Exercise.
The string "providers" may appear in lines of the entries below. Report how many lines hold it, with only the number.

Recorded data
◇ ◇ ◇ ◇
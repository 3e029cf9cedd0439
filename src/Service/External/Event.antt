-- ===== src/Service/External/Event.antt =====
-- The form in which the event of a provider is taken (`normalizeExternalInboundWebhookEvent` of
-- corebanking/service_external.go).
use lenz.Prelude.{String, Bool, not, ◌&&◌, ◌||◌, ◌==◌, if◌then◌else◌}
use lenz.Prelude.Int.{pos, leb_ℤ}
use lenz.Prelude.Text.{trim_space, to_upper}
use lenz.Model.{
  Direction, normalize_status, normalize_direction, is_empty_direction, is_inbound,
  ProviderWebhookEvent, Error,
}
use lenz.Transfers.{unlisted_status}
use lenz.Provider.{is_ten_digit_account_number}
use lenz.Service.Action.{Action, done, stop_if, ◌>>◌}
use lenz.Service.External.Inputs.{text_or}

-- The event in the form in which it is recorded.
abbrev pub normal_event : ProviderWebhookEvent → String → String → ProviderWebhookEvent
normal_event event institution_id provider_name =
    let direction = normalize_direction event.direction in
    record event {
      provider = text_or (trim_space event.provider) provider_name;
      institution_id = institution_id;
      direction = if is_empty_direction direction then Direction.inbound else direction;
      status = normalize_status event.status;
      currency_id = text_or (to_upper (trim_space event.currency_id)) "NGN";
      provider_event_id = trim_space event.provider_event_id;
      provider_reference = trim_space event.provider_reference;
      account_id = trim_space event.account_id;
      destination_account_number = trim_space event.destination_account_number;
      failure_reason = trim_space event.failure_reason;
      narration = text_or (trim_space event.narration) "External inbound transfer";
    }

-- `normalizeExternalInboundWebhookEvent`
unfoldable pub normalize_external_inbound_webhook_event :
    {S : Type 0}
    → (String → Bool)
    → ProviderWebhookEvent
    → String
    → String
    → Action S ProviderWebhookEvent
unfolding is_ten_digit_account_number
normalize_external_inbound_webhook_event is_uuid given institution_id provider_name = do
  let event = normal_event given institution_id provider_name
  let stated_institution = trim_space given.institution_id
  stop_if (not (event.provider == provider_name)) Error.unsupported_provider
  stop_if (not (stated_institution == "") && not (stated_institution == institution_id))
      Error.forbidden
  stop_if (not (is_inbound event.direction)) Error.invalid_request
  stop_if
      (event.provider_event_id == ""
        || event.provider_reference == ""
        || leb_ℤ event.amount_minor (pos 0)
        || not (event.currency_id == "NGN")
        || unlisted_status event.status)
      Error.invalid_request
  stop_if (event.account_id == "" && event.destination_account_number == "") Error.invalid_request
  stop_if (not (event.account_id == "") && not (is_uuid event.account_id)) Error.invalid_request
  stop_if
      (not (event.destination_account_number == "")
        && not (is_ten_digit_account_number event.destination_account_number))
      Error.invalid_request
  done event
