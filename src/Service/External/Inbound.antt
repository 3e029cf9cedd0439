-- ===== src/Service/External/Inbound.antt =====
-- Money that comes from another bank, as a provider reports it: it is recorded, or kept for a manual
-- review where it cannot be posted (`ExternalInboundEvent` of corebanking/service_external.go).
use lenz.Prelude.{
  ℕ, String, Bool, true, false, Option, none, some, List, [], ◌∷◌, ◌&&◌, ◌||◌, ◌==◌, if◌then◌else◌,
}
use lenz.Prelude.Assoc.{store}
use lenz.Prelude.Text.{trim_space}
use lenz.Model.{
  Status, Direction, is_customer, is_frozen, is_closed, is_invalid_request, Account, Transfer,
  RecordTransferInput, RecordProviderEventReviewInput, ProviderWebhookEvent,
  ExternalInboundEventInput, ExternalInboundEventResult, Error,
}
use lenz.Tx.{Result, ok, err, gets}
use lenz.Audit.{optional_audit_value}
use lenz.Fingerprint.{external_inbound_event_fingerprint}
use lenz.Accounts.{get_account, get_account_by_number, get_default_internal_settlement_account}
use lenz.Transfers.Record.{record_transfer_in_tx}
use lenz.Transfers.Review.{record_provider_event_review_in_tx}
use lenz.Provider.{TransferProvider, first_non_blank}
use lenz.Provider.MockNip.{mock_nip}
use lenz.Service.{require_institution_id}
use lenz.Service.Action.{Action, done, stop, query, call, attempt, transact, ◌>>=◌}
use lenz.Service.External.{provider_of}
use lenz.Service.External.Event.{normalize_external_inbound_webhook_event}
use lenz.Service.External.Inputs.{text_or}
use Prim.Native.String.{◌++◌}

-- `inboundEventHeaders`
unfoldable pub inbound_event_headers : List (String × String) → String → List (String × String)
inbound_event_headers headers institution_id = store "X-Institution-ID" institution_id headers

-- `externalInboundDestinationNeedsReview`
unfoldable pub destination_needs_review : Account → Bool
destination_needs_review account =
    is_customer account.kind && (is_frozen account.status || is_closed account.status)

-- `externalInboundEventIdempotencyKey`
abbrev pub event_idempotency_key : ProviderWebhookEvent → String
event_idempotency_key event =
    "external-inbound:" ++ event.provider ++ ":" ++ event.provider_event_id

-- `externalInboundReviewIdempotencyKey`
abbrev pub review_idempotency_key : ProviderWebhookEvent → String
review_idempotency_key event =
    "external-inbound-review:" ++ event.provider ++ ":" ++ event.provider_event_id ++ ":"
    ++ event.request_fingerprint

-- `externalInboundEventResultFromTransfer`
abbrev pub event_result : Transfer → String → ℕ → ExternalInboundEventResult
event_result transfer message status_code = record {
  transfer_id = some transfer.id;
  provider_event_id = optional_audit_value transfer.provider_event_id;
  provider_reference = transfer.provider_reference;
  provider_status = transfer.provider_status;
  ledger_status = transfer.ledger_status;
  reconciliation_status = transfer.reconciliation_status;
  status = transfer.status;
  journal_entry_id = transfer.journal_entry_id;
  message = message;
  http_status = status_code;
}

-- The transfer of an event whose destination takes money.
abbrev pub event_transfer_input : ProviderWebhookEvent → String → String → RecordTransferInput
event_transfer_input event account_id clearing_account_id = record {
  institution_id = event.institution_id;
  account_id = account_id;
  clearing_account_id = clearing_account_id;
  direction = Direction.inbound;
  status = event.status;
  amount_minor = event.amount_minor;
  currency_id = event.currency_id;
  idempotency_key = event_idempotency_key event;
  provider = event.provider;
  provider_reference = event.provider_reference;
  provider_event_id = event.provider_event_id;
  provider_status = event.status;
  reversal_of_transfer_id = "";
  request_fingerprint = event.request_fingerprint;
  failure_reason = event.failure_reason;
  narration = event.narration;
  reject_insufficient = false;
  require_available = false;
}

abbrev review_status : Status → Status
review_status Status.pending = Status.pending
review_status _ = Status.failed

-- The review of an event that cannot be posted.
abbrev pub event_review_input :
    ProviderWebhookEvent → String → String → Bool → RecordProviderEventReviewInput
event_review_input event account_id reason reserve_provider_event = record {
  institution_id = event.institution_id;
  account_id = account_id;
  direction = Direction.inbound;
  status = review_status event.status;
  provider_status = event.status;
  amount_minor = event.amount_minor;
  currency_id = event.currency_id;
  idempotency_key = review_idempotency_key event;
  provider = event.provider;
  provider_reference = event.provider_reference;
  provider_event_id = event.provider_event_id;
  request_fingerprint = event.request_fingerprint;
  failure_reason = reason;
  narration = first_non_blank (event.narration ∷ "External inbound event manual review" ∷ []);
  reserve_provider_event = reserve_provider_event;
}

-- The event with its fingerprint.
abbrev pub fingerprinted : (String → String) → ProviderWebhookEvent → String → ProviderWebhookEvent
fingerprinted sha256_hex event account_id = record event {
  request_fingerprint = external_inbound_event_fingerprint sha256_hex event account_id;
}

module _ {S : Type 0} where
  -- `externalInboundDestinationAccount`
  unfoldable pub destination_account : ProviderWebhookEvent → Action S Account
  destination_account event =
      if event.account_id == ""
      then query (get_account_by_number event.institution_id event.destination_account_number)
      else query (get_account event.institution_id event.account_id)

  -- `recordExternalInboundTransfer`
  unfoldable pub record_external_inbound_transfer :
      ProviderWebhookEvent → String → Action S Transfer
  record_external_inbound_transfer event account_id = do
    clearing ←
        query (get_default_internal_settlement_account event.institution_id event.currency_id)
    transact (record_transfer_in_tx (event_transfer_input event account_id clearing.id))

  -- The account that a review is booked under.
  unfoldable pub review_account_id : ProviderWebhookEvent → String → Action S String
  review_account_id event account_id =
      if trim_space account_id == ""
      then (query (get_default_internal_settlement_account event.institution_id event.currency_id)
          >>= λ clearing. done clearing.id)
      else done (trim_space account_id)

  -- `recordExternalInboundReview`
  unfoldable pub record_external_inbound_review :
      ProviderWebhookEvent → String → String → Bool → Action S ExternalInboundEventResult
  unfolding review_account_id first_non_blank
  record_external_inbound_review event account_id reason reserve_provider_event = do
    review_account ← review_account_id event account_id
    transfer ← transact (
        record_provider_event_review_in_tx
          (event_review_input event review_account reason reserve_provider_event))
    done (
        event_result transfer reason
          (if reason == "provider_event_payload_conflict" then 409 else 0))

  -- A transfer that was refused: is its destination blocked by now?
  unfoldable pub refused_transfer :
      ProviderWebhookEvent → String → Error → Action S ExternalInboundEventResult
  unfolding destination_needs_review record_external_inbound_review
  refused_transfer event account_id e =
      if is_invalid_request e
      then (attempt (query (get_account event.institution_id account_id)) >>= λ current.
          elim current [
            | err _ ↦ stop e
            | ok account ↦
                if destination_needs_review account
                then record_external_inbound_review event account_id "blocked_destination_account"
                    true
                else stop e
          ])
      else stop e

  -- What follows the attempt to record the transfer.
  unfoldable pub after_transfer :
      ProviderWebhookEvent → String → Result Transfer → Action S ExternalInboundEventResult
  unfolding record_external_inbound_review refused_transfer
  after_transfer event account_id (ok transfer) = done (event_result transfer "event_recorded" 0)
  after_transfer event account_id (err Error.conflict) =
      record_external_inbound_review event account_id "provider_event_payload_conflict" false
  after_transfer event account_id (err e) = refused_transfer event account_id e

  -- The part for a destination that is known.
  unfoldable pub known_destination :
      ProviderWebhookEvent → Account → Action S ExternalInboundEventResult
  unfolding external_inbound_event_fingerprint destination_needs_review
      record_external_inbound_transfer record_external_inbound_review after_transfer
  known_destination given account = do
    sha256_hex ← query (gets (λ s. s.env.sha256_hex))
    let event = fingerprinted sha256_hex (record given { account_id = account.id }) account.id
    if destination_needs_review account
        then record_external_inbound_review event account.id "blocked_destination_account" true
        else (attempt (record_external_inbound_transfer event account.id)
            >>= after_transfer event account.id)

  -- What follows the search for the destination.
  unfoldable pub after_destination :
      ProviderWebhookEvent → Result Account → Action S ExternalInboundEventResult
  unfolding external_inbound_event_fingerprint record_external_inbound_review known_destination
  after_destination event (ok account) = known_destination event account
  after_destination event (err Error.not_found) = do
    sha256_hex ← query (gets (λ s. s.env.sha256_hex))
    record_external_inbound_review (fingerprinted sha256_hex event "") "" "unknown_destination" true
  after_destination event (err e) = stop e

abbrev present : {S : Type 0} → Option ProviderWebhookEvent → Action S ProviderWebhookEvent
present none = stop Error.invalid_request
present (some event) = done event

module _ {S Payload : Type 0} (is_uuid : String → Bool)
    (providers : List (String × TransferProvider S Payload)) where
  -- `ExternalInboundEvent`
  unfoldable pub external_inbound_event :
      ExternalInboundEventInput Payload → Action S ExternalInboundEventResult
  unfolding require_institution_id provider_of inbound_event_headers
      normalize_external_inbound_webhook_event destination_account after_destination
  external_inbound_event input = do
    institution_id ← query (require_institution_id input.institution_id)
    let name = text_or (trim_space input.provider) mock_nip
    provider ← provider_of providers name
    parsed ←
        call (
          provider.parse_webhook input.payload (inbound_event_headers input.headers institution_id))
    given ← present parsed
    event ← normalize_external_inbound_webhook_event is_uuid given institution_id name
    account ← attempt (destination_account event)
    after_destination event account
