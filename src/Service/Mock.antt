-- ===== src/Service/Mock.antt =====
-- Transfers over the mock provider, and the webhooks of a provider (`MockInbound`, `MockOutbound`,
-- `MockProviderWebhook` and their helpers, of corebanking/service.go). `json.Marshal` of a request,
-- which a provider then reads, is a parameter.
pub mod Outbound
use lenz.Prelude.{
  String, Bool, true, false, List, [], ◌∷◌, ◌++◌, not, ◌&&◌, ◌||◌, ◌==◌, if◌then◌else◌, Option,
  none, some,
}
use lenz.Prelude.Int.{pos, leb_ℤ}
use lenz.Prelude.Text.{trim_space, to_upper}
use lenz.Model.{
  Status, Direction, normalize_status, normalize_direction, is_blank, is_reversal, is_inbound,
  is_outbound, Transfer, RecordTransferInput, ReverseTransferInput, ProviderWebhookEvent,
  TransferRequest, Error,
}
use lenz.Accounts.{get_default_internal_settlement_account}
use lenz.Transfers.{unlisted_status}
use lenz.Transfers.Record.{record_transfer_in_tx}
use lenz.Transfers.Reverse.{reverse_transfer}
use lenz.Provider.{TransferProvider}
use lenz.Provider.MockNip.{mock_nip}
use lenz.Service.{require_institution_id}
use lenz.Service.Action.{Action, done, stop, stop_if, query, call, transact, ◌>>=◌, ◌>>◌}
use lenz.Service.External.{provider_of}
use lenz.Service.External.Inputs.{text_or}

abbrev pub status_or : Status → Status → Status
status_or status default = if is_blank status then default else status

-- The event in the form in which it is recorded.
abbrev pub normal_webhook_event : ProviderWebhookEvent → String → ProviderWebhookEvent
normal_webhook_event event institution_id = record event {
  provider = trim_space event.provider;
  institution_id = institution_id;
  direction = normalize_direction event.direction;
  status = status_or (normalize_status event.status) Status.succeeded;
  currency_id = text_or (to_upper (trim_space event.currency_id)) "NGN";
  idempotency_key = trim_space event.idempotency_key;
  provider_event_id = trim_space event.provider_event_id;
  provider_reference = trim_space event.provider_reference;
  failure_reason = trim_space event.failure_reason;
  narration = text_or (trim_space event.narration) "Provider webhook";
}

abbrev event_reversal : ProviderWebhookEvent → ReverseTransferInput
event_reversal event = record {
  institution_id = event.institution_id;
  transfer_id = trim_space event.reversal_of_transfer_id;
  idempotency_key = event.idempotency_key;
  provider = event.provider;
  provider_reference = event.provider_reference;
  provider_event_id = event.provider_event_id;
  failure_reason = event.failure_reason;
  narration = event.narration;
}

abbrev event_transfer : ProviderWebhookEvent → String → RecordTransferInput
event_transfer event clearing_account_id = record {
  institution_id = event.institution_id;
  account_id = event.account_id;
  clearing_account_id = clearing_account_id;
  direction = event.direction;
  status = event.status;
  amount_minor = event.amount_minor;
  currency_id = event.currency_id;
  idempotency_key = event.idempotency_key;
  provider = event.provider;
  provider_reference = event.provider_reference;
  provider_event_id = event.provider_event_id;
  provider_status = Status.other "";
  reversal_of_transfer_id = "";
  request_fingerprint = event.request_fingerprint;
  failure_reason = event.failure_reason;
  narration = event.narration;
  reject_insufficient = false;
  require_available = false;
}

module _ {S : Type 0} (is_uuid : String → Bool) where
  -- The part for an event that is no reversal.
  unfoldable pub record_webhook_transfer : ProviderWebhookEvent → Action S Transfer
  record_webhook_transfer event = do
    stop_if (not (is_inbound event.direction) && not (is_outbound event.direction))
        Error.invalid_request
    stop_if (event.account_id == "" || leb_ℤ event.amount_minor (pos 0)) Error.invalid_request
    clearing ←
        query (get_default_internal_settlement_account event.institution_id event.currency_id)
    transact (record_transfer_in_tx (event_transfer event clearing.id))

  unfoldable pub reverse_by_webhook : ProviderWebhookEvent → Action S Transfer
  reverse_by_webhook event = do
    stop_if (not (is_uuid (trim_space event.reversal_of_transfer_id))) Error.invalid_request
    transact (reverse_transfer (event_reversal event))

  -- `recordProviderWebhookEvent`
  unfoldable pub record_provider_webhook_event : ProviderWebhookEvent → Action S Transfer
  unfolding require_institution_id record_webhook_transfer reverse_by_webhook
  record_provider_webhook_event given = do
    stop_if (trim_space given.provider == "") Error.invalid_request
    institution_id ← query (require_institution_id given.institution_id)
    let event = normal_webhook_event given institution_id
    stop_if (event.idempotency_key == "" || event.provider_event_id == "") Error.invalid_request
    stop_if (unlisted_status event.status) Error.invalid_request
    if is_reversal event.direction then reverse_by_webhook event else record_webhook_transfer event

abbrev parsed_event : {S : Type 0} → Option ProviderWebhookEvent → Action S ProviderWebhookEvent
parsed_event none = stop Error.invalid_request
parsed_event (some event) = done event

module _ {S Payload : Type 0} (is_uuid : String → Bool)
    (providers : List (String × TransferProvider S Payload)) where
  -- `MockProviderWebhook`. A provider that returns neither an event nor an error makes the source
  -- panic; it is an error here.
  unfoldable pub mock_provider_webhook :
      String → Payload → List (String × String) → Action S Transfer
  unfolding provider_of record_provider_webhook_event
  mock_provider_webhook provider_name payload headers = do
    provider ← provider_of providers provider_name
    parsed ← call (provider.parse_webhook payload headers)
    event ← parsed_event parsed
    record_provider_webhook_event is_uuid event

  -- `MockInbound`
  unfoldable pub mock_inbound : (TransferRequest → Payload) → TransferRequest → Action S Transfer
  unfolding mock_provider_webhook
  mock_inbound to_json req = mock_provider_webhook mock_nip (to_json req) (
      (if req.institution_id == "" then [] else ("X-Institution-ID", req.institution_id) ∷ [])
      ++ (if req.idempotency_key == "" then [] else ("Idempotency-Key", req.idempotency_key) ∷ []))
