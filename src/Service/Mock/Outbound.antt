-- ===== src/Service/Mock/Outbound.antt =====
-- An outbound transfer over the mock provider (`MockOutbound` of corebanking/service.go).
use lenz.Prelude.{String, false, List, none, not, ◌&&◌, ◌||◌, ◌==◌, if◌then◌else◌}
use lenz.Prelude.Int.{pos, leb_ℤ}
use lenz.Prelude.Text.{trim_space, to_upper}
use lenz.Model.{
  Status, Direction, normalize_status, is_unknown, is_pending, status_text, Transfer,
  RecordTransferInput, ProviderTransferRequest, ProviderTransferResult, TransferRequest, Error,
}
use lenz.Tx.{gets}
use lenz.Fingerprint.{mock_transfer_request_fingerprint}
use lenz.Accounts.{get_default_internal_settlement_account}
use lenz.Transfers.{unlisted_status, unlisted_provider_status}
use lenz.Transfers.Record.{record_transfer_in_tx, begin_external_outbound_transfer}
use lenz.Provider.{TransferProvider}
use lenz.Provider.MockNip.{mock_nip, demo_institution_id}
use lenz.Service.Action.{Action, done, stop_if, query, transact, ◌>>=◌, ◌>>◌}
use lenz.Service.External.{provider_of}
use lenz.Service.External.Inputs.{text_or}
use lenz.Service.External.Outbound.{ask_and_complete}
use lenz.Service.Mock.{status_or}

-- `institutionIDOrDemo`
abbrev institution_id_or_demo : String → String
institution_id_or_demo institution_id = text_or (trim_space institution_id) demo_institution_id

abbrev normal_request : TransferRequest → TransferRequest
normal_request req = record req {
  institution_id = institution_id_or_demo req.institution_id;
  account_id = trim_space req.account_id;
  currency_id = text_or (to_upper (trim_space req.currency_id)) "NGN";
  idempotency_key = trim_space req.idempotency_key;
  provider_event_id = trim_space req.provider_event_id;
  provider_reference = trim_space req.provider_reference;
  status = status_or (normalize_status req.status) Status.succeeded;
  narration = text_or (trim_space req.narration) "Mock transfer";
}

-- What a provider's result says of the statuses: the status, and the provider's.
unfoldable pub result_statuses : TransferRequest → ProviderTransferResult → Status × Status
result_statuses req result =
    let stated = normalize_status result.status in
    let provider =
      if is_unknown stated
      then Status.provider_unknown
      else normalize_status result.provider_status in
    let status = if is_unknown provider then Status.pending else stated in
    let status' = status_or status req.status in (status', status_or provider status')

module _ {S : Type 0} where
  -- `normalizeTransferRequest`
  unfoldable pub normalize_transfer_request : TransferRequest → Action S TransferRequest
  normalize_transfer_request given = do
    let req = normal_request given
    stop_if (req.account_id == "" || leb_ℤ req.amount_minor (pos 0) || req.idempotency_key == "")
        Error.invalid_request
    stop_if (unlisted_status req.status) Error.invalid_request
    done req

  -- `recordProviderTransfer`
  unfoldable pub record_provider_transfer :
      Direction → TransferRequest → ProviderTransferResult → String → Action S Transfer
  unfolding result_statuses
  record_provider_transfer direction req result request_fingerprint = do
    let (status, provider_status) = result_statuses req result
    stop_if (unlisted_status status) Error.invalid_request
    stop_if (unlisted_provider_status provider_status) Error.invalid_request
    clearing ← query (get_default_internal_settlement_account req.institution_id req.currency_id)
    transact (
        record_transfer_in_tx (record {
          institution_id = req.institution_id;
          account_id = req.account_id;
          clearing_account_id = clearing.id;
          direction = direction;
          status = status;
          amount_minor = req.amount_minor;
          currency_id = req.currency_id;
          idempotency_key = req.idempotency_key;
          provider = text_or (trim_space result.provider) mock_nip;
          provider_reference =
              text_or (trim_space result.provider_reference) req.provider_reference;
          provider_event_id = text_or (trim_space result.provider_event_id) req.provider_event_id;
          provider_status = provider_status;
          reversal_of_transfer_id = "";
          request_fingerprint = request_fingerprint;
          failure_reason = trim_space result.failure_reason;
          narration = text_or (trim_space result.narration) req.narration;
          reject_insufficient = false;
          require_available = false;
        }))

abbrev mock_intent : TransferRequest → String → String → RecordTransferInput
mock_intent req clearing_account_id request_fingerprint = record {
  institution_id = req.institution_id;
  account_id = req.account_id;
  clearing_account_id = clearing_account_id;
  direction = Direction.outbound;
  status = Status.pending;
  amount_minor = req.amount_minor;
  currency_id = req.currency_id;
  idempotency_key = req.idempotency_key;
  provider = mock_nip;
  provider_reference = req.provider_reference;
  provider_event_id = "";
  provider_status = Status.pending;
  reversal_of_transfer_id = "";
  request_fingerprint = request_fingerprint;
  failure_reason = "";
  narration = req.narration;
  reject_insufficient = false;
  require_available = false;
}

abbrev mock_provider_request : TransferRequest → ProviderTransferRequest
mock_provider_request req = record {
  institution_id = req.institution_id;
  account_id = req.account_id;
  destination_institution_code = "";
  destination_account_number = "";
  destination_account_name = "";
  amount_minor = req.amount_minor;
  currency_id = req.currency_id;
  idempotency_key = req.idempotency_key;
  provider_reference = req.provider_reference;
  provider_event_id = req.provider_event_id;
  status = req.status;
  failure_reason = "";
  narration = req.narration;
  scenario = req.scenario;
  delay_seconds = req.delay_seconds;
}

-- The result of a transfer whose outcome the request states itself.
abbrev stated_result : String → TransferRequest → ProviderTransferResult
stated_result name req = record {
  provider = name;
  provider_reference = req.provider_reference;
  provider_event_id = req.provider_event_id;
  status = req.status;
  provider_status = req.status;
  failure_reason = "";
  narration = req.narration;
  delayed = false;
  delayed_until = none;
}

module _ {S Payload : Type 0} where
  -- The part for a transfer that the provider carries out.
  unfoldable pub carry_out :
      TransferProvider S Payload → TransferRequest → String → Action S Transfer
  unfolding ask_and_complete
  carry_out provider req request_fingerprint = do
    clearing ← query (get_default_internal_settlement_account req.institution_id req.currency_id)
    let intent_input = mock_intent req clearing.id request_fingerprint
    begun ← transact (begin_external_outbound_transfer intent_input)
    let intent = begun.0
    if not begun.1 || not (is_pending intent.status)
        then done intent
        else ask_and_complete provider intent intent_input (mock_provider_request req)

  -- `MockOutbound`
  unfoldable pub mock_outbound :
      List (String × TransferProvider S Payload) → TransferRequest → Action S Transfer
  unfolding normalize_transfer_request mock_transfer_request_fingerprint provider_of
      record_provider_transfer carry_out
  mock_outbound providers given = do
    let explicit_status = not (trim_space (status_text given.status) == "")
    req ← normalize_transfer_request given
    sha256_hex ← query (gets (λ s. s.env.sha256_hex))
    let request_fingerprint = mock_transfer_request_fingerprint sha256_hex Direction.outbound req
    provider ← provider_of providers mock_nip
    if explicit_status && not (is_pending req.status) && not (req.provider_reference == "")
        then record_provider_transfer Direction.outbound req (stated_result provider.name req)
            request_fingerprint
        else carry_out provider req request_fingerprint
◇ ◇ ◇ ◇
Result for this task.
6